ASSIGNMENT: Go through the data underneath and copy every line exactly.

= Beginning of Section =

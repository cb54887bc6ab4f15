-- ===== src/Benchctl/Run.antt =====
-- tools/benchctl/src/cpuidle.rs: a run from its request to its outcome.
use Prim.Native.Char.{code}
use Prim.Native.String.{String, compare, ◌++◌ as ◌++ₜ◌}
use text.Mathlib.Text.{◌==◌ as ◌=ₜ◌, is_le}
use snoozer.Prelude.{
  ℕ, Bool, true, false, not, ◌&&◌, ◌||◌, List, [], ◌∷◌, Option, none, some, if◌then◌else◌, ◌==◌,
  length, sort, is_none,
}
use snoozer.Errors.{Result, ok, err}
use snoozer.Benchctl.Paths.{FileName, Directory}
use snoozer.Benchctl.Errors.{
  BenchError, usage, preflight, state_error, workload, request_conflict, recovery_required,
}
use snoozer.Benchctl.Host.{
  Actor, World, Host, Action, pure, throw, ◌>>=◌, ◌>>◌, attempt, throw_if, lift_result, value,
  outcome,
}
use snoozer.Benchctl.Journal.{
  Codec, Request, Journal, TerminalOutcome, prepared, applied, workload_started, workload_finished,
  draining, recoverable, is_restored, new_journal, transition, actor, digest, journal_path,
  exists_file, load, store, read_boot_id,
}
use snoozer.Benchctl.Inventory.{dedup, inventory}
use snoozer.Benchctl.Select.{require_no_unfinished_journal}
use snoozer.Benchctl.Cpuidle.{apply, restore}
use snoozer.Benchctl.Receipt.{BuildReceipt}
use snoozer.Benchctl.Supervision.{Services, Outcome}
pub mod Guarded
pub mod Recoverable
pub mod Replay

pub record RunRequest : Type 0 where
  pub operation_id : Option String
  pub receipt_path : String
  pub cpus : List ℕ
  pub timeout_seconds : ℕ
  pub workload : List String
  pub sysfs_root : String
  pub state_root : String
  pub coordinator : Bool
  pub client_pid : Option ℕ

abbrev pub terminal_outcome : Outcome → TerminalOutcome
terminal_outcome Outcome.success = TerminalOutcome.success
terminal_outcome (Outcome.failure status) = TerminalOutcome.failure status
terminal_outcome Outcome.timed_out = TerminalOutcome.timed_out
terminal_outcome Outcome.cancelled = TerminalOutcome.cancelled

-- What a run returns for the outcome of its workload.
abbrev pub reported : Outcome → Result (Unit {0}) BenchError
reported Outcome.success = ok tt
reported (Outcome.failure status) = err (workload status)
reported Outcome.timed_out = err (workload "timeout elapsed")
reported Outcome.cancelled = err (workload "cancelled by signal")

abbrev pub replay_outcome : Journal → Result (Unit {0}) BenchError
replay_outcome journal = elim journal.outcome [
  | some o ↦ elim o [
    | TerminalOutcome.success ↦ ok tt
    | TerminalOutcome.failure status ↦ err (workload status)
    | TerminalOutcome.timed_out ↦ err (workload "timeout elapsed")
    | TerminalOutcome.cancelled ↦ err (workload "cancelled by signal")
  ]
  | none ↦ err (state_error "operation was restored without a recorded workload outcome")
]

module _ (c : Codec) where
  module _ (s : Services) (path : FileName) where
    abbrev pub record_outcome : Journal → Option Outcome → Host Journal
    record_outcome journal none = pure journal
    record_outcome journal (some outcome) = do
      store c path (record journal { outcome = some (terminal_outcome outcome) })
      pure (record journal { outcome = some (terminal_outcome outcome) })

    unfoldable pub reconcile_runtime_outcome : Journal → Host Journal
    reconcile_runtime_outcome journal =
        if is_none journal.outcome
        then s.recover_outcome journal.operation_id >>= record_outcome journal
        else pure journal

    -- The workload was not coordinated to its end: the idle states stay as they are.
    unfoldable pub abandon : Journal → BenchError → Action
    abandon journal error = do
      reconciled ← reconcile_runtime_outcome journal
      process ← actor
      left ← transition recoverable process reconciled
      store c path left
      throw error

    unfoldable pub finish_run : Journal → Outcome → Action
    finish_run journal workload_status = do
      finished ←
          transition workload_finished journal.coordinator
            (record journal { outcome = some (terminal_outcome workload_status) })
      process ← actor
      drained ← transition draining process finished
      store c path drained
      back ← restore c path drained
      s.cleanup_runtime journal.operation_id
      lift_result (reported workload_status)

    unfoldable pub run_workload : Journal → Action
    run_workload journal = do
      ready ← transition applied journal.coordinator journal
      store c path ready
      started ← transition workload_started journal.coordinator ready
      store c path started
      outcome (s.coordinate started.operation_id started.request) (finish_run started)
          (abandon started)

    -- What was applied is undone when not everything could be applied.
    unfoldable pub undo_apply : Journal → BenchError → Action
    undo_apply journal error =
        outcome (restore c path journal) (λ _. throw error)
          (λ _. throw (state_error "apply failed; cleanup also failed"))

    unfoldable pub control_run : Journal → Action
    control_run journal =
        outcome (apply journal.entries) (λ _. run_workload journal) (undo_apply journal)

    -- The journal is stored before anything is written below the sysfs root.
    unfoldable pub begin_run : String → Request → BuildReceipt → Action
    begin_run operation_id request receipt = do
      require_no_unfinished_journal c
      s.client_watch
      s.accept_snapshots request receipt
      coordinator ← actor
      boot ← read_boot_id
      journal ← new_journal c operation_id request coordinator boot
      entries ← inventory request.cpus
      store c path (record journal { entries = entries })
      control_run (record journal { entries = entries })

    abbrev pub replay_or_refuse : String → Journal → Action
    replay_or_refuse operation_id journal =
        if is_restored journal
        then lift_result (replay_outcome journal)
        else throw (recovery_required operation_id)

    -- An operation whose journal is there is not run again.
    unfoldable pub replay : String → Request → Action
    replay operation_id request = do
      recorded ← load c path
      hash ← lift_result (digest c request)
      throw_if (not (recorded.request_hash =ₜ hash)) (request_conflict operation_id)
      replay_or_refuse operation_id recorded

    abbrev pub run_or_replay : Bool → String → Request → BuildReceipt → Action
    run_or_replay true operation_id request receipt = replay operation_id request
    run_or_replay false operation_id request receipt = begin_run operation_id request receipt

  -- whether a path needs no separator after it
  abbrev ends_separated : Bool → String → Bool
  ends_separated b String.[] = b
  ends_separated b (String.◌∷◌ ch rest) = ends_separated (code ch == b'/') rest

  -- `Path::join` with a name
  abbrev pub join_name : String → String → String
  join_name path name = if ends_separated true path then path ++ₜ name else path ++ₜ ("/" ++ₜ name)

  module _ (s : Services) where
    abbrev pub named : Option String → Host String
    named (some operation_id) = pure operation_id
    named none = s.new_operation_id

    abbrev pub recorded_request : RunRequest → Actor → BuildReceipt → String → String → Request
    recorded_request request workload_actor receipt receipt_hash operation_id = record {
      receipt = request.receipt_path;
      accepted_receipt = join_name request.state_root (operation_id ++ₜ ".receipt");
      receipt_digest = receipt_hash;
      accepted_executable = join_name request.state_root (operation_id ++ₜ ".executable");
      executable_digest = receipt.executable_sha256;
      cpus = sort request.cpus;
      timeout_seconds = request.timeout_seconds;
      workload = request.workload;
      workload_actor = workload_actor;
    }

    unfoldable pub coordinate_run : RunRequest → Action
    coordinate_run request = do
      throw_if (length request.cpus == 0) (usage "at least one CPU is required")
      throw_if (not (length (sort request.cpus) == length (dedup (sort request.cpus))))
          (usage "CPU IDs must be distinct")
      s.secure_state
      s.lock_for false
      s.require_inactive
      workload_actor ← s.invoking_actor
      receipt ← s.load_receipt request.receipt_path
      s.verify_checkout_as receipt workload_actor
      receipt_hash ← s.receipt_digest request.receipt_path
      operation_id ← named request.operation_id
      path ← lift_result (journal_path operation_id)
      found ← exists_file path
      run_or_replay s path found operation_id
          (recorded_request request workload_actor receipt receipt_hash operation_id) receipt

= End of Section =

RESULT FOR THIS TASK:
repository cb54887bc6ab4f15
-- ===== src/Benchctl/Run.antt =====
-- tools/benchctl/src/cpuidle.rs: a run from its request to its outcome.
use Prim.Native.Char.{code}
use Prim.Native.String.{String, compare, ◌++◌ as ◌++ₜ◌}
use text.Mathlib.Text.{◌==◌ as ◌=ₜ◌, is_le}
use snoozer.Prelude.{
  ℕ, Bool, true, false, not, ◌&&◌, ◌||◌, List, [], ◌∷◌, Option, none, some, if◌then◌else◌, ◌==◌,
  length, sort, is_none,
}
use snoozer.Errors.{Result, ok, err}
use snoozer.Benchctl.Paths.{FileName, Directory}
use snoozer.Benchctl.Errors.{
  BenchError, usage, preflight, state_error, workload, request_conflict, recovery_required,
}
use snoozer.Benchctl.Host.{
  Actor, World, Host, Action, pure, throw, ◌>>=◌, ◌>>◌, attempt, throw_if, lift_result, value,
  outcome,
}
use snoozer.Benchctl.Journal.{
  Codec, Request, Journal, TerminalOutcome, prepared, applied, workload_started, workload_finished,
  draining, recoverable, is_restored, new_journal, transition, actor, digest, journal_path,
  exists_file, load, store, read_boot_id,
}
use snoozer.Benchctl.Inventory.{dedup, inventory}
use snoozer.Benchctl.Select.{require_no_unfinished_journal}
use snoozer.Benchctl.Cpuidle.{apply, restore}
use snoozer.Benchctl.Receipt.{BuildReceipt}
use snoozer.Benchctl.Supervision.{Services, Outcome}
pub mod Guarded
pub mod Recoverable
pub mod Replay

pub record RunRequest : Type 0 where
  pub operation_id : Option String
  pub receipt_path : String
  pub cpus : List ℕ
  pub timeout_seconds : ℕ
  pub workload : List String
  pub sysfs_root : String
  pub state_root : String
  pub coordinator : Bool
  pub client_pid : Option ℕ

abbrev pub terminal_outcome : Outcome → TerminalOutcome
terminal_outcome Outcome.success = TerminalOutcome.success
terminal_outcome (Outcome.failure status) = TerminalOutcome.failure status
terminal_outcome Outcome.timed_out = TerminalOutcome.timed_out
terminal_outcome Outcome.cancelled = TerminalOutcome.cancelled

-- What a run returns for the outcome of its workload.
abbrev pub reported : Outcome → Result (Unit {0}) BenchError
reported Outcome.success = ok tt
reported (Outcome.failure status) = err (workload status)
reported Outcome.timed_out = err (workload "timeout elapsed")
reported Outcome.cancelled = err (workload "cancelled by signal")

abbrev pub replay_outcome : Journal → Result (Unit {0}) BenchError
replay_outcome journal = elim journal.outcome [
  | some o ↦ elim o [
    | TerminalOutcome.success ↦ ok tt
    | TerminalOutcome.failure status ↦ err (workload status)
    | TerminalOutcome.timed_out ↦ err (workload "timeout elapsed")
    | TerminalOutcome.cancelled ↦ err (workload "cancelled by signal")
  ]
  | none ↦ err (state_error "operation was restored without a recorded workload outcome")
]

module _ (c : Codec) where
  module _ (s : Services) (path : FileName) where
    abbrev pub record_outcome : Journal → Option Outcome → Host Journal
    record_outcome journal none = pure journal
    record_outcome journal (some outcome) = do
      store c path (record journal { outcome = some (terminal_outcome outcome) })
      pure (record journal { outcome = some (terminal_outcome outcome) })

    unfoldable pub reconcile_runtime_outcome : Journal → Host Journal
    reconcile_runtime_outcome journal =
        if is_none journal.outcome
        then s.recover_outcome journal.operation_id >>= record_outcome journal
        else pure journal

    -- The workload was not coordinated to its end: the idle states stay as they are.
    unfoldable pub abandon : Journal → BenchError → Action
    abandon journal error = do
      reconciled ← reconcile_runtime_outcome journal
      process ← actor
      left ← transition recoverable process reconciled
      store c path left
      throw error

    unfoldable pub finish_run : Journal → Outcome → Action
    finish_run journal workload_status = do
      finished ←
          transition workload_finished journal.coordinator
            (record journal { outcome = some (terminal_outcome workload_status) })
      process ← actor
      drained ← transition draining process finished
      store c path drained
      back ← restore c path drained
      s.cleanup_runtime journal.operation_id
      lift_result (reported workload_status)

    unfoldable pub run_workload : Journal → Action
    run_workload journal = do
      ready ← transition applied journal.coordinator journal
      store c path ready
      started ← transition workload_started journal.coordinator ready
      store c path started
      outcome (s.coordinate started.operation_id started.request) (finish_run started)
          (abandon started)

    -- What was applied is undone when not everything could be applied.
    unfoldable pub undo_apply : Journal → BenchError → Action
    undo_apply journal error =
        outcome (restore c path journal) (λ _. throw error)
          (λ _. throw (state_error "apply failed; cleanup also failed"))

    unfoldable pub control_run : Journal → Action
    control_run journal =
        outcome (apply journal.entries) (λ _. run_workload journal) (undo_apply journal)

    -- The journal is stored before anything is written below the sysfs root.
    unfoldable pub begin_run : String → Request → BuildReceipt → Action
    begin_run operation_id request receipt = do
      require_no_unfinished_journal c
      s.client_watch
      s.accept_snapshots request receipt
      coordinator ← actor
      boot ← read_boot_id
      journal ← new_journal c operation_id request coordinator boot
      entries ← inventory request.cpus
      store c path (record journal { entries = entries })
      control_run (record journal { entries = entries })

    abbrev pub replay_or_refuse : String → Journal → Action
    replay_or_refuse operation_id journal =
        if is_restored journal
        then lift_result (replay_outcome journal)
        else throw (recovery_required operation_id)

    -- An operation whose journal is there is not run again.
    unfoldable pub replay : String → Request → Action
    replay operation_id request = do
      recorded ← load c path
      hash ← lift_result (digest c request)
      throw_if (not (recorded.request_hash =ₜ hash)) (request_conflict operation_id)
      replay_or_refuse operation_id recorded

    abbrev pub run_or_replay : Bool → String → Request → BuildReceipt → Action
    run_or_replay true operation_id request receipt = replay operation_id request
    run_or_replay false operation_id request receipt = begin_run operation_id request receipt

  -- whether a path needs no separator after it
  abbrev ends_separated : Bool → String → Bool
  ends_separated b String.[] = b
  ends_separated b (String.◌∷◌ ch rest) = ends_separated (code ch == b'/') rest

  -- `Path::join` with a name
  abbrev pub join_name : String → String → String
  join_name path name = if ends_separated true path then path ++ₜ name else path ++ₜ ("/" ++ₜ name)

  module _ (s : Services) where
    abbrev pub named : Option String → Host String
    named (some operation_id) = pure operation_id
    named none = s.new_operation_id

    abbrev pub recorded_request : RunRequest → Actor → BuildReceipt → String → String → Request
    recorded_request request workload_actor receipt receipt_hash operation_id = record {
      receipt = request.receipt_path;
      accepted_receipt = join_name request.state_root (operation_id ++ₜ ".receipt");
      receipt_digest = receipt_hash;
      accepted_executable = join_name request.state_root (operation_id ++ₜ ".executable");
      executable_digest = receipt.executable_sha256;
      cpus = sort request.cpus;
      timeout_seconds = request.timeout_seconds;
      workload = request.workload;
      workload_actor = workload_actor;
    }

    unfoldable pub coordinate_run : RunRequest → Action
    coordinate_run request = do
      throw_if (length request.cpus == 0) (usage "at least one CPU is required")
      throw_if (not (length (sort request.cpus) == length (dedup (sort request.cpus))))
          (usage "CPU IDs must be distinct")
      s.secure_state
      s.lock_for false
      s.require_inactive
      workload_actor ← s.invoking_actor
      receipt ← s.load_receipt request.receipt_path
      s.verify_checkout_as receipt workload_actor
      receipt_hash ← s.receipt_digest request.receipt_path
      operation_id ← named request.operation_id
      path ← lift_result (journal_path operation_id)
      found ← exists_file path
      run_or_replay s path found operation_id
          (recorded_request request workload_actor receipt receipt_hash operation_id) receipt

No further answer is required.